EXERCISE: Search the lines of the records for the word "they", and copy every line that has it.
────
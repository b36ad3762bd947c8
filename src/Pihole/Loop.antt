-- ===== src/Pihole/Loop.antt =====
-- The loops of `plan` over all lines: what they collect is decided line by line.
use k8s_homelab.Prelude.{
  ◌≡◌, refl, ◌∙◌, List, [], ◌∷◌, Bool, true, false, not, ◌&&◌, ◌||◌, some, Option-cases, inl, inr,
  arith, any, ◌==◌, contains, nat_eq, list_eq, pair_eq, string_eq,
}
use k8s_homelab.Prelude.{contains-append, contains-add}
use k8s_homelab.Prelude.Text.{Text, words}
use k8s_homelab.Pihole.Plan.{
  Entry, in_zone, HostScan, CnameScan, cname_pair, host_words, scan_hosts, cname_line, scan_cnames,
}
use k8s_homelab.Pihole.Scan.{
  is_nil, removed_words, held_words, split_words, remove_hosts-host_words, have-host_words,
  readd-host_words, host_words-total,
}

module _ (zones : List Text) (wanted : List Entry) (delete : Bool) where
  -- A loop that succeeds is a first step and a loop from there.
  pub scan_hosts-cons :
      (line : Text) (lines : List Text) (s t : HostScan)
      → scan_hosts zones wanted delete (line ∷ lines) s ≡ some t
      → (u : HostScan) × (host_words zones wanted delete line (words line) s ≡ some u)
        × (scan_hosts zones wanted delete lines u ≡ some t)
  unfolding scan_hosts
  scan_hosts-cons line lines s t h =
      elim (Option-cases (host_words zones wanted delete line (words line) s)) [
        | inl e ↦ absurd (ground arith)
        | inr (u, e) ↦ (u, e, rw e at h)
      ]

  pub remove_hosts-scan_hosts :
      (lines : List Text) (s t : HostScan) (l : Text)
      → scan_hosts zones wanted delete lines s ≡ some t
      → contains t.remove_hosts l ≡ (
          contains s.remove_hosts l
          || (contains lines l && removed_words zones wanted delete (words l)))
  unfolding scan_hosts
  remove_hosts-scan_hosts [] s t l h = ground arith
  remove_hosts-scan_hosts (line ∷ lines) s t l h =
      let (u, first, rest) = scan_hosts-cons line lines s t h in
      ground (
        arith,
        remove_hosts-host_words zones wanted delete line l (words line) s u first,
        remove_hosts-scan_hosts lines u t l rest,
      )

  pub have-scan_hosts :
      (lines : List Text) (s t : HostScan) (p : Entry)
      → scan_hosts zones wanted delete lines s ≡ some t
      → contains t.have p
        ≡ (contains s.have p || any (λ l. held_words zones wanted delete p (words l)) lines)
  unfolding scan_hosts
  have-scan_hosts [] s t p h = ground arith
  have-scan_hosts (line ∷ lines) s t p h =
      let (u, first, rest) = scan_hosts-cons line lines s t h in
      ground (
        arith,
        have-host_words zones wanted delete line p (words line) s u first,
        have-scan_hosts lines u t p rest,
      )

  pub readd-scan_hosts :
      (lines : List Text) (s t : HostScan)
      → scan_hosts zones wanted delete lines s ≡ some t
      → any (λ l. split_words zones wanted delete (words l)) lines ≡ false
      → t.readd ≡ s.readd
  unfolding scan_hosts
  readd-scan_hosts [] s t h e = ground arith
  readd-scan_hosts (line ∷ lines) s t h e =
      let (u, first, rest) = scan_hosts-cons line lines s t h in
      ground (
        arith,
        readd-host_words zones wanted delete line (words line) s u first,
        readd-scan_hosts lines u t rest,
      )

  -- The loop fails just at a blank line.
  pub scan_hosts-total :
      (lines : List Text) (s : HostScan)
      → any (λ l. is_nil (words l)) lines ≡ false
      → (t : HostScan) × (scan_hosts zones wanted delete lines s ≡ some t)
  unfolding scan_hosts
  scan_hosts-total [] s e = (s, refl)
  scan_hosts-total (line ∷ lines) s e =
      let (u, first) = host_words-total zones wanted delete line (words line) s (ground arith) in
      let (t, rest) = scan_hosts-total lines u (ground arith) in (t, rw first rest)

  pub nonblank_of_scan_hosts :
      (lines : List Text) (s t : HostScan) (l : Text)
      → scan_hosts zones wanted delete lines s ≡ some t
      → contains lines l ≡ true
      → is_nil (words l) ≡ false
  unfolding scan_hosts host_words
  nonblank_of_scan_hosts [] s t l h m = cc
  nonblank_of_scan_hosts (line ∷ lines) s t l h m =
      let (u, first, rest) = scan_hosts-cons line lines s t h in
      ground (arith, nonblank_of_scan_hosts lines u t l rest)

  -- A CNAME line that the plan removes, and one that shows the wanted record `p`.
  abbrev pub removed_cname : Text → Bool
  removed_cname l =
      let (name, target) = cname_pair l in
      in_zone name zones && (delete && not (contains wanted (name, ("CNAME", target))))

  abbrev pub held_cname : Entry → Text → Bool
  held_cname p l =
      let (name, target) = cname_pair l in
      in_zone name zones && (contains wanted p && p == (name, ("CNAME", target)))

  pub remove_cnames-scan_cnames :
      (lines : List Text) (s : CnameScan) (l : Text)
      → contains (scan_cnames zones wanted delete lines s).remove_cnames l
        ≡ (contains s.remove_cnames l || (contains lines l && removed_cname l))
  unfolding scan_cnames cname_line
  remove_cnames-scan_cnames [] s l = ground arith
  remove_cnames-scan_cnames (line ∷ lines) s l =
      remove_cnames-scan_cnames lines (cname_line zones wanted delete line s) l
      ∙ ground (arith, contains-append s.remove_cnames (line ∷ []) l)

  pub have-scan_cnames :
      (lines : List Text) (s : CnameScan) (p : Entry)
      → contains (scan_cnames zones wanted delete lines s).have p
        ≡ (contains s.have p || any (held_cname p) lines)
  unfolding scan_cnames cname_line
  have-scan_cnames [] s p = ground arith
  have-scan_cnames (line ∷ lines) s p =
      let (name, target) = cname_pair line in
      have-scan_cnames lines (cname_line zones wanted delete line s) p
      ∙ ground (arith, contains-add {A = Entry} (name, ("CNAME", target)) s.have p)
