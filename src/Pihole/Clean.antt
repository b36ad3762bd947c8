-- ===== src/Pihole/Clean.antt =====
-- Which records and lines read back as they were written.
use k8s_homelab.Prelude.{
  ◌≡◌, List, [], ◌∷◌, Bool, true, false, not, ◌&&◌, some, arith, all, nat_eq, list_eq, pair_eq,
  string_eq,
}
use k8s_homelab.Prelude.Text.{
  Text, words, lower, lower_idem, no_space, is_empty, lacks, is_word, is_word-lower, all-words,
}
use k8s_homelab.Pihole.Plan.{
  Entry, in_zone, kind_of, is_address, is_cname, cname_target, HostScan, split_pair, host_split,
  host_splits, host_names, host_single, host_words, scan_hosts,
}
use k8s_homelab.Pihole.Scan.{removed_words}
use k8s_homelab.Pihole.Loop.{scan_hosts-cons}

-- A record that NetBox can hold: its name is a lower-case name of a zone, its address is written
-- in the way of its type, and a CNAME's target is spelled as the Pi-hole's lines are read.
pub record IsClean (zones : List Text) (w : Entry) : Type 0 where
  pub named : in_zone w.0 zones ≡ true
  pub lowered : lower w.0 ≡ w.0
  pub spaceless : no_space w.0 ≡ true
  pub nonempty : is_empty w.0 ≡ false
  pub address_spaceless : is_address w ≡ true → no_space w.1.1 ≡ true
  pub address_nonempty : is_address w ≡ true → is_empty w.1.1 ≡ false
  pub address_kind : is_address w ≡ true → kind_of w.1.1 ≡ w.1.0
  pub name_comma : is_cname w ≡ true → lacks b',' w.0 ≡ true
  pub target_comma : is_cname w ≡ true → lacks b',' w.1.1 ≡ true
  pub target_spelled : is_cname w ≡ true → cname_target w.1.1 ≡ w.1.1

module _ (zones : List Text) (wanted : List Entry) (delete : Bool) where
  -- A name that a split line leaves behind stays when its own line is read.
  abbrev pub is_kept : Entry → Bool
  is_kept p =
      is_word p.0 && (is_word p.1.1 && not (removed_words zones wanted delete (p.1.1 ∷ p.0 ∷ [])))

  readd-host_split :
      (ip n : Text) (s : HostScan)
      → is_word ip ≡ true
      → is_word n ≡ true
      → all is_kept s.readd ≡ true
      → all is_kept (host_split zones wanted delete ip n s).readd ≡ true
  unfolding host_split split_pair
  readd-host_split ip n s hi hn hs = ground (arith, is_word-lower n, lower_idem n)

  readd-host_splits :
      (ip : Text) (names : List Text) (s : HostScan)
      → is_word ip ≡ true
      → all is_word names ≡ true
      → all is_kept s.readd ≡ true
      → all is_kept (host_splits zones wanted delete ip names s).readd ≡ true
  unfolding host_splits
  readd-host_splits ip [] s hi hn hs = hs
  readd-host_splits ip (n ∷ names) s hi hn hs =
      readd-host_splits ip names (host_split zones wanted delete ip n s) hi (ground arith)
        (readd-host_split ip n s hi (ground arith) hs)

  readd-host_names :
      (line ip : Text) (names : List Text) (s : HostScan)
      → is_word ip ≡ true
      → all is_word names ≡ true
      → all is_kept s.readd ≡ true
      → all is_kept (host_names zones wanted delete line ip names s).readd ≡ true
  unfolding host_names host_single
  readd-host_names line ip [] s hi hn hs = readd-host_splits ip [] _ hi hn hs
  readd-host_names line ip (n ∷ []) s hi hn hs = ground arith
  readd-host_names line ip (n ∷ m ∷ names) s hi hn hs =
      readd-host_splits ip (n ∷ m ∷ names) _ hi hn hs

  readd-host_words :
      (line : Text) (ws : List Text) (s t : HostScan)
      → host_words zones wanted delete line ws s ≡ some t
      → all is_word ws ≡ true
      → all is_kept s.readd ≡ true
      → all is_kept t.readd ≡ true
  unfolding host_words
  readd-host_words line [] s t h hw hs = cc
  readd-host_words line (ip ∷ names) s t h hw hs = ground (arith, readd-host_names line ip names s)

  -- Every name that a split line leaves behind stays when its own line is read.
  pub readd-scan_hosts_kept :
      (lines : List Text) (s t : HostScan)
      → scan_hosts zones wanted delete lines s ≡ some t
      → all is_kept s.readd ≡ true
      → all is_kept t.readd ≡ true
  unfolding scan_hosts
  readd-scan_hosts_kept [] s t h hs = ground arith
  readd-scan_hosts_kept (line ∷ lines) s t h hs =
      let (u, first, rest) = scan_hosts-cons zones wanted delete line lines s t h in
      readd-scan_hosts_kept lines u t rest
        (readd-host_words line (words line) s u first (all-words line) hs)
────
RESPONSE TO THIS TASK:
-- The loops of `plan` over all lines: what they collect is decided line by line.
-- Which records and lines read back as they were written.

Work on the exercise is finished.